Reporters love to play “Gotcha” with politicians. It’s in their DNA. A story about a politician caught doing something that conflicts with his or her platform is editorial gold. Sometimes.
What’s good for the goose isn’t always good for the gander. A conservative “family values” Republican caught in an affair or a self-described “pro-life” politician who is rumored to have paid for a girlfriend’s abortion becomes national news with remarkable speed. And it’s not just the politico involved who must deal with it. It becomes an issue in other races when fellow Republican candidates and officeholders are asked about it, as they invariably are.
The same is not true for Democrats. Exhibit A is the extramarital dalliance of the very married former U.S. senator and Democratic vice presidential candidate John Edwards.
Edwards not only had an affair with a campaign aide but fathered a child out of wedlock. The rumors about all this were rampant—and relevant, considering how he made the strength of his marriage to his dying wife Elizabeth a centerpiece of his personal narrative. Yet no mainstream media outlet would go near the story until it broke in the National Enquirer and everyone had to cover it.
Admittedly, those running on the GOP platform who make themselves vulnerable to such charges generally deserve what they get. What’s odd—or at least worthy of comment—is how hard it is to call out Democrats who are caught committing economic hypocrisy.
Democrats who campaign on a platform urging more social spending and trumpeting their concern for the poor, but whose tax returns show they gave little to charity, have never had to deal with a media firestorm over the issue.
One good example of an economic hypocrite is businessman Tom Steyer, who made billions investing in oil and natural gas. He ran for president on an anti-oil and gas platform that heavily promoted renewable energy (after he’d made his money and was spending it freely) so he could prevent anyone from doing what he’d done in the future. If that sounds to you an awful lot like “Do As I Say, Not As I Do” you’re not wrong.
Steyer’s not the only Democrat with this problem. Candace Valenzuela, a Democrat running in Texas’ open 24th Congressional District, has attracted national interest because she’d be the first Afro-Latina in Congress if she wins. She’s made attacks on corporations and “corporate social interests” a central theme of her campaign, evading discussion of how she personally profited from the oil and gas industry thanks to the job her husband once held at a subsidiary of Caterpillar, one of the country’s largest manufacturing concerns.
Valenzuela’s positions on the environment and American energy production are to the left of even the Green New Deal. She’s on record opposing American fossil fuel production and calling for a stop to all oil and gas permitting. Not good for Texas, not good for Caterpillar, but good for her because the economic benefits she reaped from the oil and natural gas industry are already in the bank.
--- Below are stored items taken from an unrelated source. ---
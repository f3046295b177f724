-- ===== src/Settler/Loop.antt =====
-- `run_once` (settler/main.py): one pass of the settler over its tables. The answer of
-- `SQL_ENABLED_CHAINS` and those of the lock are arguments.
use notchstave.Common.{
  ℕ, Bool, true, false, ◌&&◌, Option, none, some, List, [], ◌∷◌, if◌then◌else◌, map, take,
}
use notchstave.Common.Rows.{filter, order_by}
use notchstave.Enums.{PaymentStatus, is_live}
use notchstave.Settler.Policy.{MoneyPolicy}
use notchstave.Settler.Ledger.{Invoice, Payment, Ledger}
use notchstave.Settler.Ledger.Invoices.{is_for}
use notchstave.Settler.Service.{SettlerError, Result, done, raised, SettlementResult}
use notchstave.Settler.Service.Reorg.{handle_reorg}
use notchstave.Settler.Service.Sweeps.{
  sweep_expired_invoices, expire_stale_invoices, notify_seen_payments, review_anomalous_payments,
}
use notchstave.Settler.Service.Addresses.{sync_address_lifecycle}
use notchstave.Settler.Service.Facade.{settle}
use notchstave.Settler.Service.Consistency.Runs.{Step, Run}

-- `open_statuses`
abbrev is_undecided : PaymentStatus → Bool
is_undecided PaymentStatus.seen = true
is_undecided PaymentStatus.confirmed = true
is_undecided _ = false

unfoldable pub has_open_payment : ℕ → List Payment → Bool
has_open_payment i [] = false
has_open_payment i (p ∷ ps) =
    if is_for i p.invoice_id && is_undecided p.status then true else has_open_payment i ps

-- `SQL_SETTLE_CANDIDATES`
unfoldable pub settle_candidates : ℕ → Ledger → List ℕ
unfolding filter order_by has_open_payment
settle_candidates limit db = take limit (
    map (λ (r : Invoice). r.id)
      (order_by (λ (r : Invoice). r.id)
        (filter (λ (r : Invoice). is_live r.status && has_open_payment r.id db.payments)
          db.invoices)))

-- The default of each pass's `limit`.
abbrev pub default_limit : ℕ
default_limit = 500

unfoldable pub reorg_chains : List ℕ → Ledger → Ledger
unfolding handle_reorg
reorg_chains [] db = db
reorg_chains (chain ∷ chains) db = reorg_chains chains (handle_reorg chain db).1

-- An exception ends the pass.
abbrev go_on :
    Result SettlementResult → Ledger → Option SettlerError × Ledger → Option SettlerError × Ledger
go_on (done settlement) db rest = rest
go_on (raised e) db rest = (some e, db)

-- The passes after the settlements.
unfoldable pub clean_up : ℕ → Ledger → Ledger
unfolding expire_stale_invoices sweep_expired_invoices review_anomalous_payments
    sync_address_lifecycle
clean_up cooldown db =
    let db1 = (expire_stale_invoices default_limit db).1 in
    let db2 = (sweep_expired_invoices default_limit db1).1 in
    let db3 = (review_anomalous_payments default_limit db2).1 in
    (sync_address_lifecycle cooldown default_limit db3).2

abbrev end_pass : ℕ → Option SettlerError × Ledger → Option SettlerError × Ledger
end_pass cooldown (none, db) = (none, clean_up cooldown db)
end_pass cooldown (some e, db) = (some e, db)

module _ (policy : MoneyPolicy) (mac : List ℕ → List ℕ) (acquired : ℕ → Bool) where
  unfoldable pub settle_all : List ℕ → Ledger → Option SettlerError × Ledger
  unfolding settle
  settle_all [] db = (none, db)
  settle_all (i ∷ is) db =
      let (settlement, db1) = settle policy mac (acquired i) i db in
      go_on settlement db1 (settle_all is db1)

  -- The error that ends the pass, if any, and the tables afterwards.
  unfoldable pub run_once : ℕ → ℕ → List ℕ → Ledger → Option SettlerError × Ledger
  unfolding reorg_chains notify_seen_payments settle_candidates settle_all clean_up
  run_once cooldown batch chain_ids db =
      let db1 = reorg_chains chain_ids db in
      let db2 = (notify_seen_payments default_limit db1).1 in
      end_pass cooldown (settle_all (settle_candidates batch db2) db2)

module _ (policy : MoneyPolicy) (mac : List ℕ → List ℕ) where
  extend : {a b c : Ledger} → Run policy mac a b → Step policy mac b c → Run policy mac a c
  extend {a} {b} {c} run step = Run.then_step a b c run step

  reorg_chains-Run :
      (first db : Ledger) (chains : List ℕ)
      → Run policy mac first db
      → Run policy mac first (reorg_chains chains db)
  unfolding reorg_chains
  reorg_chains-Run first db [] run = run
  reorg_chains-Run first db (chain ∷ chains) run =
      reorg_chains-Run first (handle_reorg chain db).1 chains (extend run (Step.reorged chain db))

  clean_up-Run :
      (first db : Ledger) (cooldown : ℕ)
      → Run policy mac first db
      → Run policy mac first (clean_up cooldown db)
  unfolding clean_up
  clean_up-Run first db cooldown run =
      let db1 = (expire_stale_invoices default_limit db).1 in
      let db2 = (sweep_expired_invoices default_limit db1).1 in
      let db3 = (review_anomalous_payments default_limit db2).1 in
      extend
        (extend (extend (extend run (Step.expired default_limit db)) (Step.swept default_limit db1))
          (Step.reviewed default_limit db2))
        (Step.synced cooldown default_limit db3)

  go_on-Run :
      (first db : Ledger) (s : Result SettlementResult) (rest : Option SettlerError × Ledger)
      → Run policy mac first db
      → Run policy mac first rest.1
      → Run policy mac first (go_on s db rest).1
  go_on-Run first db (done s) rest before after = after
  go_on-Run first db (raised e) rest before after = before

  end_pass-Run :
      (first : Ledger) (cooldown : ℕ) (rest : Option SettlerError × Ledger)
      → Run policy mac first rest.1
      → Run policy mac first (end_pass cooldown rest).1
  end_pass-Run first cooldown (none, db) run = clean_up-Run first db cooldown run
  end_pass-Run first cooldown (some e, db) run = run

  module _ (acquired : ℕ → Bool) where
    settle_all-Run :
        (first db : Ledger) (is : List ℕ)
        → Run policy mac first db
        → Run policy mac first (settle_all policy mac acquired is db).1
    unfolding settle_all
    settle_all-Run first db [] run = run
    settle_all-Run first db (i ∷ is) run =
        let next = settle policy mac (acquired i) i db in
        let run1 = extend run (Step.settled (acquired i) i db) in
        go_on-Run first next.1 next.0 (settle_all policy mac acquired is next.1) run1
          (settle_all-Run first next.1 is run1)

    -- A pass of the loop is a run of the settler's transactions, also one that an exception ends.
    pub run_once-Run :
        (cooldown batch : ℕ) (chain_ids : List ℕ) (db : Ledger)
        → Run policy mac db (run_once policy mac acquired cooldown batch chain_ids db).1
    unfolding run_once
    run_once-Run cooldown batch chain_ids db =
        let db1 = reorg_chains chain_ids db in
        let db2 = (notify_seen_payments default_limit db1).1 in
        let run1 = reorg_chains-Run db db chain_ids (Run.start db) in
        let run2 = extend run1 (Step.announced default_limit db1) in
        end_pass-Run db cooldown (settle_all policy mac acquired (settle_candidates batch db2) db2)
          (settle_all-Run db db2 (settle_candidates batch db2) run2)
Valenzuela’s not the only Democrat whose positions are at odds with their personal economic narrative.
Arizona’s Tom O’Halleran, running for reelection in the state’s First Congressional District, likes to tout his work getting federal funding to clean up polluted uranium mines on land belonging to the Navajo Nation. Yet his family has bought, sold, and still owns thousands of shares in different mining companies, one of which abandoned more than 75 uranium mines on that same land. Is O’Halleran seeking tax dollars to clean up his own mess? One could argue he is.
Then there’s Rep. Gil Cisneros, who has for years been invested in and profited from “Big Pharma” but is running for reelection calling for lower prices for prescription drugs. And there’s a whole bunch of Democrats in the campaign finance reform and corporate social responsibility crowd who’ve broken their pledge to refuse corporate PAC dollars.
Somehow none of that rises to the level of interest in the hypocrisy shown when a “family-values” congressional Republican is accused of an affair with a staffer. And, when a similar case involving now-former California Democratic congresswoman Katie Hill came to light, it was a race to see who could find the best excuse for her behavior and the most effective way to shift blame (and the story) onto someone else.
As a matter of policy, economic hypocrisy is just as big an issue as those that arise in matters of personal conduct. It’s obvious to the people, at least when they know about it. It should be just as obvious to the press.